**Brief**:
In the records below, begin at the line that has "unfoldable pub send_loop" and stop after the line that has "after_body msglen (c, positive)"; quote those lines verbatim and nothing more.

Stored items

===============

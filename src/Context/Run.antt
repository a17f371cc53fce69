-- ===== src/Context/Run.antt =====
-- lib/sdoprotctx.c: `sdo_prot_ctx_run`, which runs the protocol and exchanges its messages. The
-- protocol is the function `protrun` of the context, from a run to a run (its result is not read).
use mathlib.Core.Option
use client_sdk.Base.{
  ℕ, zero, suc, ◌+◌, ◌%◌, Bool, true, false, not, ◌||◌, ◌&&◌, Option, none, some, Bytes, set, take,
  drop, replicate, ◌++◌, ltb, ◌==◌, if◌then◌else◌,
}
use client_sdk.Decimal.{u32_mod}
use client_sdk.Env.{Env, bytes_of}
use client_sdk.Block.{Block, sdo_resize_block}
use client_sdk.Reader.{Sdor, sdor_flush, sdor_set_have_block}
use client_sdk.Prot.{Prot, sdo_state_done, sdo_di_app_start, sdo_type_error}
use client_sdk.Types.Comparison.{rsize_max_mem}
use client_sdk.Context.{
  Outcome, negative, nothing_moved, positive, Network, Context, sdo_prot_ctx_connect, renew,
}

abbrev pub connection_retry : ℕ
connection_retry = 2

-- How a round ends: the loop breaks, with the result 0 or -1 and whether a response has been
-- awaited, or goes on.
pub data Step (W : Type 0) : Type 0 where
  ends : Context W → Bool → Bool → Step W
  goes : Context W → Step W

-- The byte behind the message is cleared; where the block ends there, the model writes nothing.
unfoldable pub terminated : Block → Block
terminated b = record b { block = Option.map (λ bs. set bs b.block_size 0) b.block }

abbrev with_sdor : {W : Type 0} → Context W → Sdor → Context W
with_sdor c r = record c { protdata = record c.protdata { sdor = r } }

abbrev with_sdow_block : {W : Type 0} → Context W → Block → Context W
with_sdow_block c b = record c {
  protdata = record c.protdata { sdow = record c.protdata.sdow { b = b } };
}

-- The bytes that are in a block behind its `memset_s`.
abbrev cleared : ℕ → Bytes → Bytes
cleared n bs = replicate n 0 ++ drop n bs

unfoldable pub cleared_block : Block → ℕ → Option Bytes → Block × Bool
cleared_block b msglen none = (b, false)
cleared_block b msglen (some bs) =
    (record b { block = some (cleared ((msglen + 4) % u32_mod) bs); block_size = msglen }, true)

-- The sizes that `memset_s` refuses.
abbrev refused_size : ℕ → Bool
refused_size n = (n == 0) || ltb rsize_max_mem n

-- The block made ready for a message of a length; false where `memset_s` fails, on a null pointer or
-- for its size.
unfoldable pub fit_block : Env → Block → ℕ → Block × Bool
unfolding cleared_block
fit_block e b msglen =
    let n = (msglen + 4) % u32_mod in
    let sized = sdo_resize_block e b n in
    if refused_size n then (sized, false) else cleared_block sized msglen sized.block

module _ {W : Type 0} (e : Env) (net : Network W) where
  unfoldable pub after_try : Context W → Outcome → Context W × (Outcome × Bool)
  after_try c positive = (c, (positive, false))
  after_try c nothing_moved = ((renew net c).0, (nothing_moved, false))
  after_try c negative = let renewed = renew net c in (renewed.0, (negative, not renewed.1))

  -- One try; the flag is whether another one makes sense.
  unfoldable pub try_send : Context W → Context W × (Outcome × Bool)
  unfolding after_try
  try_send c =
      let w = c.protdata.sdow in
      let sent =
        net.send_message c.sock_hdl w.msg_type (take w.b.block_size (bytes_of w.b.block)) c.world in
      after_try (record c { world = sent.0 }) sent.1

  -- Tries, as many as the retries and one more.
  unfoldable pub send_loop : ℕ → Context W → Context W × Outcome
  unfolding try_send
  send_loop zero c = let t = try_send c in (t.0, t.1.0)
  send_loop (suc retries) c =
      let t = try_send c in elim t.1.1 [ true ↦ send_loop retries t.0 | false ↦ (t.0, t.1.0) ]

  unfoldable pub after_read : Context W → Outcome → Context W × (Outcome × Bool)
  after_read c positive = (c, (positive, false))
  after_read c nothing_moved = (c, (nothing_moved, false))
  after_read c negative = let renewed = renew net c in (renewed.0, (negative, not renewed.1))

  unfoldable pub try_recv : ℕ → Context W → Context W × (Outcome × Bool)
  unfolding after_read
  try_recv msglen c =
      let r = c.protdata.sdor in
      let got = net.recv_msg_body c.sock_hdl msglen (bytes_of r.b.block) c.world in
      after_read
        (with_sdor (record c { world = got.0 })
          (record r { b = record r.b { block = some got.1.1 } }))
        got.1.0

  unfoldable pub recv_loop : ℕ → ℕ → Context W → Context W × Outcome
  unfolding try_recv
  recv_loop zero msglen c = let t = try_recv msglen c in (t.0, t.1.0)
  recv_loop (suc retries) msglen c =
      let t = try_recv msglen c in
      elim t.1.1 [ true ↦ recv_loop retries msglen t.0 | false ↦ (t.0, t.1.0) ]

  -- The response is there: the connection is closed, and what came decides about the next round.
  unfoldable pub conclude : ℕ → Context W → Step W
  conclude msglen c =
      let closed = net.disconnect c.sock_hdl c.world in
      let c1 = record c { world = closed.0 } in
      if closed.1
      then ends c1 false true
      else let c2 = with_sdor c1 (sdor_set_have_block c1.protdata.sdor) in
        if msglen == 0 && c2.protdata.sdow.msg_type == sdo_type_error
        then ends c2 false true
        else if c2.protdata.sdor.msg_type == sdo_type_error
        then ends c2 false true
        else goes c2

  unfoldable pub after_body : ℕ → Context W × Outcome → Step W
  after_body msglen (c, positive) = conclude msglen c
  after_body msglen (c, nothing_moved) = ends (with_sdor c (sdor_flush c.protdata.sdor)) false true
  after_body msglen (c, negative) = ends (with_sdor c (sdor_flush c.protdata.sdor)) false true

  unfoldable pub receive_body : ℕ → Context W → Block × Bool → Step W
  receive_body msglen c (b, false) =
      ends (with_sdor c (record c.protdata.sdor { b = b })) false true
  receive_body msglen c (b, true) =
      let c' = with_sdor c (record c.protdata.sdor { b = b }) in
      if msglen == 0
      then conclude msglen c'
      else after_body msglen (recv_loop connection_retry msglen c')

  unfoldable pub receive : Context W → W × Option (ℕ × ℕ) → Step W
  receive c (w, none) = ends (record c { world = w }) false true
  receive c (w, some (msg_type, msglen)) =
      let flushed = sdor_flush (record c.protdata.sdor { msg_type = msg_type }) in
      receive_body msglen (with_sdor (record c { world = w }) flushed)
        (fit_block e flushed.b msglen)

  unfoldable pub after_send : Context W × Outcome → Step W
  after_send (c, negative) = ends c false false
  after_send (c, nothing_moved) = receive c (net.recv_msg_header c.sock_hdl c.world)
  after_send (c, positive) = receive c (net.recv_msg_header c.sock_hdl c.world)

  unfoldable pub after_connect : Context W × Bool → Step W
  after_connect (c, false) = ends c false false
  after_connect (c, true) =
      after_send (send_loop connection_retry (with_sdow_block c (terminated c.protdata.sdow.b)))

  -- One round: the protocol, then its message and the response.
  unfoldable pub exchange : (Prot → Prot) → Context W → Step W
  exchange protrun c =
      let c1 = record c { protdata = protrun c.protdata } in
      if c1.protdata.state == sdo_state_done
      then ends c1 true false
      else if ltb c1.protdata.sdow.msg_type sdo_di_app_start
          || ltb sdo_type_error c1.protdata.sdow.msg_type
      then ends c1 false false
      else after_connect (sdo_prot_ctx_connect net c1)

  -- What is done where `sdob` is set, as the first response that is awaited does, and has a block.
  unfoldable pub close_block : Bool → Option Bytes → Context W → Context W
  close_block false block c = c
  close_block true none c = c
  close_block true (some bs) c = with_sdor c (record c.protdata.sdor {
    b = record c.protdata.sdor.b { block_max = 0; block_size = 0; cursor = 0; block = none };
  })

  unfoldable pub leave : Bool → Context W → Context W
  unfolding close_block
  leave awaited c =
      close_block awaited c.protdata.sdor.b.block (record c { world = net.teardown c.world })

  unfoldable pub run_loop : (Prot → Prot) → ℕ → Bool → Context W → Option (Context W × Bool)
  unfolding leave
  run_loop protrun zero awaited c = none
  run_loop protrun (suc fuel) awaited c = elim (exchange protrun c) [
    | ends c' ok now ↦ some (leave (awaited || now) c', ok)
    | goes c' ↦ run_loop protrun fuel true c'
  ]

  -- A null `protrun` ends the loop at once. True is the result 0; `none` is no result of the C
  -- function: the fuel ran out.
  unfoldable pub sdo_prot_ctx_run : Option (Prot → Prot) → ℕ → Context W → Option (Context W × Bool)
  unfolding leave run_loop
  sdo_prot_ctx_run protrun fuel c =
      let setup = net.con_setup c.world in
      let c' = record c { world = setup.0 } in
      if setup.1
      then some (c', false)
      else elim protrun [ none ↦ some (leave false c', false) | some f ↦ run_loop f fuel false c' ]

===============

**Answer area**:
  unfoldable pub send_loop : ℕ → Context W → Context W × Outcome
  unfolding try_send
  send_loop zero c = let t = try_send c in (t.0, t.1.0)
  send_loop (suc retries) c =
      let t = try_send c in elim t.1.1 [ true ↦ send_loop retries t.0 | false ↦ (t.0, t.1.0) ]

  unfoldable pub after_read : Context W → Outcome → Context W × (Outcome × Bool)
  after_read c positive = (c, (positive, false))
  after_read c nothing_moved = (c, (nothing_moved, false))
  after_read c negative = let renewed = renew net c in (renewed.0, (negative, not renewed.1))

  unfoldable pub try_recv : ℕ → Context W → Context W × (Outcome × Bool)
  unfolding after_read
  try_recv msglen c =
      let r = c.protdata.sdor in
      let got = net.recv_msg_body c.sock_hdl msglen (bytes_of r.b.block) c.world in
      after_read
        (with_sdor (record c { world = got.0 })
          (record r { b = record r.b { block = some got.1.1 } }))
        got.1.0

  unfoldable pub recv_loop : ℕ → ℕ → Context W → Context W × Outcome
  unfolding try_recv
  recv_loop zero msglen c = let t = try_recv msglen c in (t.0, t.1.0)
  recv_loop (suc retries) msglen c =
      let t = try_recv msglen c in
      elim t.1.1 [ true ↦ recv_loop retries msglen t.0 | false ↦ (t.0, t.1.0) ]

  -- The response is there: the connection is closed, and what came decides about the next round.
  unfoldable pub conclude : ℕ → Context W → Step W
  conclude msglen c =
      let closed = net.disconnect c.sock_hdl c.world in
      let c1 = record c { world = closed.0 } in
      if closed.1
      then ends c1 false true
      else let c2 = with_sdor c1 (sdor_set_have_block c1.protdata.sdor) in
        if msglen == 0 && c2.protdata.sdow.msg_type == sdo_type_error
        then ends c2 false true
        else if c2.protdata.sdor.msg_type == sdo_type_error
        then ends c2 false true
        else goes c2

  unfoldable pub after_body : ℕ → Context W × Outcome → Step W
  after_body msglen (c, positive) = conclude msglen c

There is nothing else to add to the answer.